I realized earlier today that it's been ten years since Splinter Cell: Chaos Theory shipped.
Obviously, a lot has changed in that time, but I'm not going to wax nostalgic about that. I thought instead I would regale you a never before made public tale of what that game meant to me.
Chaos Theory was a hell of a project. I began as the Lead Level Designer and the Scriptwriter, which meant from the start I was doing two serious, full time jobs. I had to get the level design team queued up to deliver 12 maps that were of much higher and much more uniform quality than those in the original game, and I had to make sure we had a story and script that worked all the way through. I also had to get a commitment from that entire team that - come hell or high water - we would not cut a single level. This was doubling down on both the team, and on quality - it meant everyone on the level design side was bought in, but it also meant I could work with confidence on a script that would not later be hobbled by having to move or cut levels.
At the same time, there was a lot of stuff to fix in terms of the global vision of the game. The original Splinter Cell had been a big hit, but it was not without its serious faults. Punishing 'Game Over' gating and brutal trial-and-error gameplay that we should have fixed in the original needed some challenging and innovative solutions if Splinter Cell was to be moved forward.
Development was hard. Sometime around Alpha, mandate came down from Ubi that all internal projects needed to have a Creative Director. Mathieu Ferland - the Producer - asked me to do the job. I said no. I was not convinced that it was not just a bullshit management position and I was worried that I already had two jobs. But after a few discussions with friends and family and the team, a week or so later I changed my mind and became Creative Director, Lead Level Designer and Writer for the game. If you watch the credits, you'll see that three of the first five names in the credits are me. The other two were Mathieu Ferland, and the Art Director, The Chinh Ngo. Anyway, these responsibilities came with a heavy price, though. I spent most of the 24 months of Chaos Theory's development working 80 hours a week.
About six months after I became Creative Director, when the game was around Beta, my good friend Dave (who had been an AI programmer on the original Splinter Cell, and who is currently one of the founders of Tiger Style) came to Montreal to visit. He stayed with us, and he slept in our spare room for a week or ten days. That week I took 'time off' - by which I mean I left work at 6pm or so every night so we could have dinner and hang out. It was fun - I've been told. I don't really remember.
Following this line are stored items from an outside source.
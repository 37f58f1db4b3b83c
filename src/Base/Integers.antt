-- ===== src/Base/Integers.antt =====
-- The type int of Go, by its value.
use Prim.Native.Nat.{ℕ}

pub data ℤ : Type 0 where
  pos : ℕ → ℤ
  -- - (n + 1)
  negsuc : ℕ → ℤ
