-- ===== src/Bm.antt =====
-- utils/bm.go: markdown to HTML and back, and a server of a file that is watched.
pub mod Replace
pub mod Html
pub mod Markdown
pub mod Item
pub mod Server
pub mod Command
mod Tests
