-- ===== src/Text.antt =====
-- Go strings as lists of bytes, with the functions of package strings that the tools call.
pub mod Order
pub mod Sort
use cfg.Base.{
  Bool, List, Option, String, [], ap₂, arith, code, drop, false, if◌then◌else◌, leb, length, ltb,
  none, refl, reverse, some, suc, take, true, zero, ℕ, ◌%◌, ◌&&◌, ◌++◌, ◌+◌, ◌-◌, ◌/◌, ◌==◌, ◌||◌,
  ◌↔◌, ◌∷◌, ◌≡◌, ◌≢◌,
}

abbrev pub Text : Type 0
Text = List ℕ

-- The bytes of an ASCII literal.
abbrev pub codes : String → Text
codes String.[] = []
codes (String.◌∷◌ c s) = code c ∷ codes s

-- s == t
unfoldable pub text_eq : Text → Text → Bool
text_eq [] [] = true
text_eq (a ∷ s) (b ∷ t) = a == b && text_eq s t
text_eq _ _ = false

-- s < t, byte by byte
unfoldable pub text_lt : Text → Text → Bool
text_lt [] [] = false
text_lt [] (b ∷ t) = true
text_lt (a ∷ s) [] = false
text_lt (a ∷ s) (b ∷ t) = ltb a b || (a == b && text_lt s t)

-- strings.HasPrefix
unfoldable pub has_prefix : Text → Text → Bool
has_prefix s [] = true
has_prefix [] (b ∷ t) = false
has_prefix (a ∷ s) (b ∷ t) = a == b && has_prefix s t

-- strings.Contains
unfoldable pub contains : Text → Text → Bool
unfolding has_prefix
contains [] t = has_prefix [] t
contains (a ∷ s) t = has_prefix (a ∷ s) t || contains s t

-- unicode.IsSpace on the ASCII range
unfoldable pub is_space : ℕ → Bool
is_space c = c == 32 || (leb 9 c && leb c 13)

-- The first line of a split, and the lines after it.
unfoldable pub cons_head : ℕ → List Text → List Text
cons_head c [] = (c ∷ []) ∷ []
cons_head c (l ∷ ls) = (c ∷ l) ∷ ls

-- strings.Split(s, sep) for a separator of one byte
unfoldable pub split : ℕ → Text → List Text
unfolding cons_head
split sep [] = [] ∷ []
split sep (c ∷ s) = let rest = split sep s in if c == sep then [] ∷ rest else cons_head c rest

-- strings.Join(parts, sep) for a separator of one byte
unfoldable pub join : ℕ → List Text → Text
join sep [] = []
join sep (l ∷ []) = l
join sep (l ∷ m ∷ ls) = l ++ (sep ∷ join sep (m ∷ ls))

-- strings.TrimLeftFunc(s, test)
unfoldable pub trim_left : (ℕ → Bool) → Text → Text
trim_left test [] = []
trim_left test (c ∷ s) = let rest = trim_left test s in if test c then rest else c ∷ s

-- A byte before a text whose end is trimmed.
unfoldable pub trim_byte : (ℕ → Bool) → ℕ → Text → Text
trim_byte test c [] = if test c then [] else c ∷ []
trim_byte test c (d ∷ r) = c ∷ d ∷ r

-- strings.TrimRightFunc(s, test)
unfoldable pub trim_right : (ℕ → Bool) → Text → Text
unfolding trim_byte
trim_right test [] = []
trim_right test (c ∷ s) = trim_byte test c (trim_right test s)

-- strings.TrimSpace
unfoldable pub trim_space : Text → Text
unfolding trim_left trim_right is_space
trim_space s = trim_right is_space (trim_left is_space s)

-- strings.Fields: the maximal runs of bytes that are no white space.
unfoldable pub fields_from : Text → Text → List Text
fields_from word [] = if text_eq word [] then [] else word ∷ []
fields_from word (c ∷ s) =
    let onward = fields_from (word ++ c ∷ []) s in
    let next = fields_from [] s in
    if is_space c then (if text_eq word [] then next else word ∷ next) else onward

unfoldable pub fields : Text → List Text
unfolding fields_from is_space text_eq
fields s = fields_from [] s

-- strings.IndexByte, with `none` for -1
unfoldable pub index_byte : Text → ℕ → Option ℕ
index_byte [] c = none
index_byte (a ∷ s) c =
    let later = index_byte s c in
    if a == c then some 0 else elim later [ none ↦ none | some i ↦ some (suc i) ]

-- strings.LastIndexByte, with `none` for -1
unfoldable pub last_index_byte : Text → ℕ → Option ℕ
last_index_byte [] c = none
last_index_byte (a ∷ s) c = elim (last_index_byte s c) [
  | some i ↦ some (suc i)
  | none ↦ if a == c then some 0 else none
]

-- The text before the first `sep`, which is the first result of strings.Cut.
unfoldable pub before : ℕ → Text → Text
before sep [] = []
before sep (c ∷ s) = let rest = before sep s in if c == sep then [] else c ∷ rest

pub text_eq_sound : (s t : Text) → text_eq s t ≡ true → s ≡ t
unfolding text_eq
text_eq_sound [] [] h = refl
text_eq_sound [] (b ∷ t) h = cc
text_eq_sound (a ∷ s) [] h = cc
text_eq_sound (a ∷ s) (b ∷ t) h = ground (arith, text_eq_sound s t)

pub text_eq_refl : (s : Text) → text_eq s s ≡ true
unfolding text_eq
text_eq_refl [] = refl
text_eq_refl (a ∷ s) = ground (arith, text_eq_refl s)

-- The test decides equality.
pub text_eq_iff : (s t : Text) → (text_eq s t ≡ true) ↔ (s ≡ t)
text_eq_iff s t = (text_eq_sound s t, λ e. rw e (text_eq_refl t))

pub text_eq-ne : (s t : Text) → s ≢ t → text_eq s t ≡ false
text_eq-ne s t h = ground (arith, text_eq_iff s t)

pub text_eq-false : (s t : Text) → text_eq s t ≡ false → s ≢ t
text_eq-false s t h e = absurd (ground (arith, h, text_eq_iff s t))

pub has_prefix_sound : (s t : Text) → has_prefix s t ≡ true → (r : Text) × (s ≡ t ++ r)
unfolding has_prefix
has_prefix_sound s [] h = (s, refl)
has_prefix_sound [] (b ∷ t) h = cc
has_prefix_sound (a ∷ s) (b ∷ t) h =
    let hs : (a ≡ b) × (has_prefix s t ≡ true) = ground arith in
    let (r, e) = has_prefix_sound s t hs.1 in (r, ap₂ ◌∷◌ hs.0 e)

pub has_prefix-append : (t r : Text) → has_prefix (t ++ r) t ≡ true
unfolding has_prefix
has_prefix-append [] r = refl
has_prefix-append (b ∷ t) r = ground (arith, has_prefix-append t r)

pub has_prefix_trans :
    (a b c : Text) → has_prefix a b ≡ true → has_prefix b c ≡ true → has_prefix a c ≡ true
unfolding has_prefix
has_prefix_trans a b [] h k = refl
has_prefix_trans a [] (z ∷ c) h k = cc
has_prefix_trans [] (y ∷ b) (z ∷ c) h k = cc
has_prefix_trans (x ∷ a) (y ∷ b) (z ∷ c) h k = ground (arith, has_prefix_trans a b c)

pub has_prefix_refl : (s : Text) → has_prefix s s ≡ true
unfolding has_prefix
has_prefix_refl [] = refl
has_prefix_refl (x ∷ s) = ground (arith, has_prefix_refl s)

-- strings.HasSuffix
unfoldable pub has_suffix : Text → Text → Bool
unfolding has_prefix
has_suffix s t = has_prefix (reverse s) (reverse t)

-- strings.TrimPrefix and strings.TrimSuffix
unfoldable pub trim_prefix : Text → Text → Text
unfolding has_prefix
trim_prefix s t = if has_prefix s t then drop (length t) s else s

unfoldable pub trim_suffix : Text → Text → Text
unfolding has_suffix
trim_suffix s t = if has_suffix s t then take (length s - length t) s else s

-- strconv.Itoa of a natural number, on fuel
unfoldable pub digits : ℕ → ℕ → Text
digits zero n = []
digits (suc f) n =
    let more = digits f (n / 10) in (if ltb n 10 then [] else more) ++ (b'0' + n % 10) ∷ []

unfoldable pub itoa : ℕ → Text
unfolding digits
itoa n = digits (suc n) n
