-- ===== src/Bm/Replace.antt =====
-- The replacers of package strings, as utils/bm.go uses them.
use cfg.Base.{
  List, Option, [], if◌then◌else◌, length, none, refl, some, suc, zero, ℕ, ◌++◌, ◌-◌, ◌∷◌, ◌≡◌,
}
use cfg.Text.{Text, has_prefix}

abbrev pub Pairs : Type 0
Pairs = List (Text × Text)

-- The first pair whose old text is a prefix.
unfoldable pub match_pair : Pairs → Text → Option (Text × Text)
unfolding has_prefix
match_pair [] s = none
match_pair ((old, new) ∷ pairs) s =
    let later = match_pair pairs s in if has_prefix s old then some (old, new) else later

-- The replacement of a text whose first bytes are passed over, as they are replaced already.
unfoldable pub replace_from : Pairs → ℕ → Text → Text
unfolding match_pair
replace_from pairs n [] = []
replace_from pairs (suc n) (c ∷ s) = replace_from pairs n s
replace_from pairs zero (c ∷ s) = elim (match_pair pairs (c ∷ s)) [
  | none ↦ c ∷ replace_from pairs 0 s
  | some p ↦ p.1 ++ replace_from pairs (length p.0 - 1) s
]

-- strings.NewReplacer and strings.ReplaceAll, for old texts that are not empty
unfoldable pub replace : Pairs → Text → Text
unfolding replace_from
replace pairs s = replace_from pairs 0 s

pub replace_from-length :
    (pairs : Pairs) (s t : Text) → replace_from pairs (length s) (s ++ t) ≡ replace_from pairs 0 t
unfolding replace_from
replace_from-length pairs [] t = refl
replace_from-length pairs (c ∷ s) t = replace_from-length pairs s t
I went to GDC in March of 2005, while the game was in the distribution process, and I gave a talk about the narrative structure of the game. Of course, I also got to hang out with Dave under far less stressful circumstances. Over dinner one night, we got to talking about the time he'd last been in Montreal. During that discussion, I kept correcting him about what we'd done the last time he was in Montreal, but we kept disagreeing about the details and the timing. Over the course of the meal, we realized that I actually had no memory of his trip to Montreal six months previously, and that I was recalling a previous visit he'd made about a year or so before that. Dave had spent a week living in my house. I had curtailed my work week down from 70-80 hours to a normal 40 in order to spend time with him. We had eaten great meals, gone to great bars, seen movies, played games, and talked about our careers and the industry and our pasts and our futures, and all of it was simply fucking gone. I could not remember any of it.
To be clear - I do not mean I didn't remember what we did or what we talked about. I mean that I literally had no memory of the events. To me it was like it never happened. It was like he never visited. There was just an empty space in my brain that had been overwritten by the stress and anxiety of Splinter Cell. Splinter Cell: Chaos Theory gave me brain damage.
Once we realized that the incongruities in our conversation were the result of a legitimate failing of my memory, Dave helped me trying to find a handle. We talked about it over dinner, and then on and off over time. I spoke with my wife about it (she, of course, had full recollection), and eventually, I was able to pin a few minor pieces of my memories to the cork board of my brain and piece together a kind of past.
Over time, I was able to slowly reconstruct some significant part of that lost week. I remember a few meals and a few conversations in a few bars. I remember my friend being in my house. I remember us drinking coffee together and smoking cigarettes.
Writing it all down, now, I have to confess I have mixed feelings about it. I am really, truly proud of what we accomplished with Splinter Cell: Chaos Theory. It stands the test of time as one of the best games ever made. At the same time, the personal cost for making it was real and serious. It's not about forgotten beers in some bar on St Laurent. It's about brain damage and the loss of life. To this day, I am still not sure what the right equation is there. I'm still not sure if it was worth it. I'm still not sure if I would do it again if I had the chance.